Stored data
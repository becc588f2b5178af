-- ===== src/Codeup/Refs.antt =====
-- `refName` of ingress-service/internal/yunxiao/codeup/normalizer.go.
use text.Mathlib.TextLemmas.{nil-append, cons-append, append_assoc}
use Prim.Native.Char.{code}
use Prim.Native.String.{String, [], ◌∷◌, ◌++◌}
use yunxiao_workflow_agent.Base.{◌≡◌, refl, some, none, arith, nat_beq, true, ◌∙◌}
use yunxiao_workflow_agent.Base.Text.{cut_prefix, trim_prefix}
use yunxiao_workflow_agent.Codeup.Fields.{ref_name}

-- A common beginning does not matter.
cut_prefix-append : (a p s : String) → cut_prefix (a ++ p) (a ++ s) ≡ cut_prefix p s
unfolding cut_prefix
cut_prefix-append [] p s = rw (nil-append p, nil-append s) refl
cut_prefix-append (c ∷ a) p s =
    rw (cons-append c a p, cons-append c a s, same) (cut_prefix-append a p s)
  where
    same : nat_beq (code c) (code c) ≡ true
    same = ground arith

cut_own_prefix : (p s : String) → cut_prefix p (p ++ s) ≡ some s
unfolding cut_prefix
cut_own_prefix [] s = rw (nil-append s) refl
cut_own_prefix (c ∷ p) s = rw (cons-append c p s, same) (cut_own_prefix p s)
  where
    same : nat_beq (code c) (code c) ≡ true
    same = ground arith

no_head : (t : String) → cut_prefix "refs/heads/" ("refs/tags/" ++ t) ≡ none
unfolding cut_prefix
no_head t =
    rw (append_assoc "refs/" "tags/" t)
      (cut_prefix-append "refs/" "heads/" ("tags/" ++ t) ∙ rw (cons-append) refl)

trimmed : (s prefix rest : String) → cut_prefix prefix s ≡ some rest → trim_prefix s prefix ≡ rest
unfolding trim_prefix
trimmed s prefix rest h = rw (trim_prefix, h) refl

untrimmed : (s prefix : String) → cut_prefix prefix s ≡ none → trim_prefix s prefix ≡ s
unfolding trim_prefix
untrimmed s prefix h = rw (trim_prefix, h) refl

-- `refName` gives the name of a tag back from its full name, and the name of a branch too, if that does
-- not itself begin with `refs/tags/`.
pub ref_name_lem :
    (branch tag : String)
    → cut_prefix "refs/tags/" branch ≡ none
    → (ref_name ("refs/heads/" ++ branch) ≡ branch) × (ref_name ("refs/tags/" ++ tag) ≡ tag)
unfolding ref_name
ref_name_lem branch tag h = (
  rw (trimmed ("refs/heads/" ++ branch) "refs/heads/" branch (cut_own_prefix "refs/heads/" branch))
      (untrimmed branch "refs/tags/" h),
  rw (untrimmed ("refs/tags/" ++ tag) "refs/heads/" (no_head tag))
      (trimmed ("refs/tags/" ++ tag) "refs/tags/" tag (cut_own_prefix "refs/tags/" tag)),
)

### PROBLEM TO SOLVE
Please copy, exactly and with nothing else, the lines above beginning at the line that has "cut_prefix-append : (a" and ending with the line that has "untrimmed s prefix".

### RESPONSE AREA
cut_prefix-append : (a p s : String) → cut_prefix (a ++ p) (a ++ s) ≡ cut_prefix p s
unfolding cut_prefix
cut_prefix-append [] p s = rw (nil-append p, nil-append s) refl
cut_prefix-append (c ∷ a) p s =
    rw (cons-append c a p, cons-append c a s, same) (cut_prefix-append a p s)
  where
    same : nat_beq (code c) (code c) ≡ true
    same = ground arith

cut_own_prefix : (p s : String) → cut_prefix p (p ++ s) ≡ some s
unfolding cut_prefix
cut_own_prefix [] s = rw (nil-append s) refl
cut_own_prefix (c ∷ p) s = rw (cons-append c p s, same) (cut_own_prefix p s)
  where
    same : nat_beq (code c) (code c) ≡ true
    same = ground arith

no_head : (t : String) → cut_prefix "refs/heads/" ("refs/tags/" ++ t) ≡ none
unfolding cut_prefix
no_head t =
    rw (append_assoc "refs/" "tags/" t)
      (cut_prefix-append "refs/" "heads/" ("tags/" ++ t) ∙ rw (cons-append) refl)

trimmed : (s prefix rest : String) → cut_prefix prefix s ≡ some rest → trim_prefix s prefix ≡ rest
unfolding trim_prefix
trimmed s prefix rest h = rw (trim_prefix, h) refl

untrimmed : (s prefix : String) → cut_prefix prefix s ≡ none → trim_prefix s prefix ≡ s
unfolding trim_prefix
untrimmed s prefix h = rw (trim_prefix, h) refl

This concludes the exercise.